Nope, i dont see the sense.  :Big Grin:  :Chair:

----------


## Citizen X

Let me then resolve as follows:
1. The management of the USA which is the Government are currently in a situation where they are in 14 Trillion Dollars debt! Had they been good custodians from the outset, this debt deficit would not have occurred. The point I'm earnestly trying to drive home is simply this, if I ran your business and lost 3o million per month for many years, would you still want me in your employ??
2. Being in debt can never be a good thing, that said, there are people who take out personal loans and credits cards for the sole purpose of paying off other loans, credit cards and debt that they have. It's avicious circle....

----------


## adrianh

What do you do if due to unforeseen circumstance you can no longer afford the repayment on short term debt but if you were to consolidate that debt into a second bond on your house you would be able to survive comfortably. This is making debt to pay debt yet it will resolve your predicament - isn't this a perfectly valid reason for making debt to pay for debt, all other things being equal.

----------


## adrianh

Please explain how the global economic meltdown occured?

----------


## Citizen X

*Firstly, there are as many opinions for the causes of the global economic meltdown as there are individuals to formulate such opinions;*
*1. Most people agree that the global economic meltdown started in late 2007;*
*2. I’ll tender my opinion upfront: the global economic meltdown is inextricably linked to reckless lending of money, personal loan, bond , car and credit card.
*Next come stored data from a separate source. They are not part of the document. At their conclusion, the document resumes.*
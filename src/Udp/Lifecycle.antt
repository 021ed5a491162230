-- ===== src/Udp/Lifecycle.antt =====
-- `Initialize`, `Start` and `Stop` of transport/udp/udp.go. The answers of the socket calls are a
-- parameter. `runningMu` is explicit where it matters: `Start` holds it while it calls `Initialize`.
pub mod Restart
use gomcp.Prelude.{Bool, true, false, not, ◌&&◌, String, Option, none, some, [], ltb, if◌then◌else◌}
use gomcp.Udp.Reliability.{ReliabilityManager, new_reliability_manager}
use gomcp.Udp.Reliability
use gomcp.Udp.Transport.{Transport}

-- What the operating system answers; `remote` is the remote address of the socket, if it has one.
pub record Socket : Type 0 where
  pub resolves : Bool
  pub opens : Bool
  pub read_buffer_set : Bool
  pub write_buffer_set : Bool
  pub closes : Bool
  pub remote : Option String

pub data SetupError : Type 0 where
  not_resolved not_opened read_buffer_failed write_buffer_failed not_closed : SetupError

-- How a call ends; `hangs` is a call that waits for a lock for ever, `panics` a second `close`.
pub data End : Type 0 where
  returned : End
  failed_with : SetupError → End
  hangs panics : End

-- The manager that `Initialize` leaves behind.
abbrev pub with_manager : Transport → Transport
with_manager t =
    if t.reliability_enabled
    then record t { reliability_manager = some (new_reliability_manager t.reliability_level) }
    else t

-- `Initialize`, called with `runningMu` free or held.
unfoldable pub initialize : Socket → Bool → Transport → Transport × End
initialize os true t = (t, hangs)
initialize os false t =
    if t.running
    then (t, returned)
    else if not os.resolves
    then (t, failed_with not_resolved)
    else if not os.opens
    then (record t { connected = false }, failed_with not_opened)
    else (let t' = record t { connected = true; remote_addr = os.remote } in
        if ltb 0 t.read_buffer_size && not os.read_buffer_set
        then (t', failed_with read_buffer_failed)
        else if ltb 0 t.write_buffer_size && not os.write_buffer_set
        then (t', failed_with write_buffer_failed)
        else (with_manager t', returned))

abbrev started_manager : Transport → Option ReliabilityManager
started_manager t = elim t.reliability_manager [
  | none ↦ none
  | some rm ↦ if t.reliability_enabled then some (Reliability.start rm) else some rm
]

-- The session that `Start` begins once there is a connection.
abbrev pub session : Transport → Transport
session t = record t {
  done_closed = false;
  fragments = [];
  reassembly_queue = [];
  reliability_manager = started_manager t;
  running = true;
}

unfoldable pub begin : Transport × End → Transport × End
begin (t, returned) = (session t, returned)
begin (t, failed_with e) = (t, failed_with e)
begin (t, hangs) = (t, hangs)
begin (t, panics) = (t, panics)

unfoldable pub start : Socket → Transport → Transport × End
start os t =
    if t.running
    then (t, returned)
    else begin (if t.connected then (t, returned) else initialize os true t)

-- The manager after `Stop`; the outer `none` is its panic.
unfoldable pub stopped_manager : Transport → Option (Option ReliabilityManager)
stopped_manager t = elim t.reliability_manager [
  | none ↦ some none
  | some rm ↦
      if not t.reliability_enabled
      then some (some rm)
      else elim (Reliability.stop rm) [ none ↦ none | some rm' ↦ some (some rm') ]
]

-- The connection is forgotten before its error is looked at.
unfoldable pub disconnect : Socket → Transport → Transport × End
disconnect os t =
    if t.connected && not os.closes
    then (record t { connected = false }, failed_with not_closed)
    else (record t { connected = false; running = false }, returned)

unfoldable pub stop : Socket → Transport → Transport × End
unfolding stopped_manager disconnect
stop os t =
    if not t.running
    then (t, returned)
    else if t.done_closed
    then (t, panics)
    else elim (stopped_manager t) [
      | none ↦ (record t { done_closed = true }, panics)
      | some rm ↦ disconnect os (record t { done_closed = true; reliability_manager = rm })
    ]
This chain reaction started in the USA(the father of capitalism, so I submit Communism failed BUT, the real question is: Is capitalism working????). Financial institutions in the USA were recklessly lending money to whomsoever would apply for a bond or loan. This is where this chain reaction started, at about the same times hundreds of thousands of people who loan money from banks were at the same time unable to make their monthly payments and this persisted until banks and other companies collapsed.*
*3. Recession in and of itself has two meanings: 1: a period of months or years where there is generally a reduction in productive economic activity2: Any first year BCOM, NDIP or economics 1 student would be able to answer as follows: a down swing or a contraction of the actual business cycle with several periods of negative GDP growth;*
*4. “According to the U.S. National Bureau of Economic Research (the official arbiter of U.S. recessions) the recession began in December 2007. US mortgage-backed securities, which had risks that were hard to assess, were marketed around the world. A more broad based credit boom fed a global speculative bubble in real estate and equities, which served to reinforce the risky lending practices.[ The precarious financial situation was made more difficult by a sharp increase in oil and food prices. The emergence of sub-prime loan losses in 2007 began the crisis and exposed other risky loans and over-inflated asset prices. With loan losses mounting and the fall of Lehman Brothers on September 15, 2008, a major panic broke out on the inter-bank loan market. As share and housing prices declined, many large and well established investment and commercial banks in the United States and Europe suffered huge losses and even faced bankruptcy, resulting in massive public financial assistance.”*
*5. Tim Castello explained as follows:"The immediate cause of the global financial crisis was the massive growth and then collapse of a new asset class –securitised subprime mortgages. On one level, subprime mortgages have a positive social role – helping people with relatively poor credit ratings to own their own homes. However, the scale of the lending, the way these mortgages were sold, and how they were developed into hugely complex financial instruments that many people – even people in the financial markets – did not understand, led to a shock to confidence in the global financial system not seen since the Depression of the 1930s."*

*
So to summarise what is otherwise an exhaustive discussion, in my opinion, the global economic meltdown was caused by reckless lending in the form of home bonds, personal finance, vehicle finance and credit cards…
*

----------


## Blurock

Recless lending? Yes! ...and stupid!

A bank will give you R20k or R30k on a credit card without blinking. Ask the same bank for an overdraft of same amount, they will turn you down.

Try it, I dare you...

Ask for finance on a new car - no problem. Now ask for a loan to buy a machine or equipment for your business. Something that will generate an income. No chance without a huge deposit, bond on your house or other security. :Whistling:

----------


## adrianh

I suppose the banks consider risk vs reward. A credit card has huge interest rates to compensate for their risk. I suppose loans on cars and houses are easier because they can grab the asset. I think the problem with machines is that small business fail so easily and that the asset only has value in a very narrow market.

----------


## Citizen X

Yes, it doesn't make any sense! You rather finance a machine that will generate income, jobs and boost economic activity...but instead you more happy to finance a car..

----------


## adrianh

A bank is a business just like any other, its not a charity!

----------


## Blurock

> I suppose the banks consider risk vs reward. A credit card has huge interest rates to compensate for their risk. I suppose loans on cars and houses are easier because they can grab the asset. I think the problem with machines is that small business fail so easily and that the asset only has value in a very narrow market.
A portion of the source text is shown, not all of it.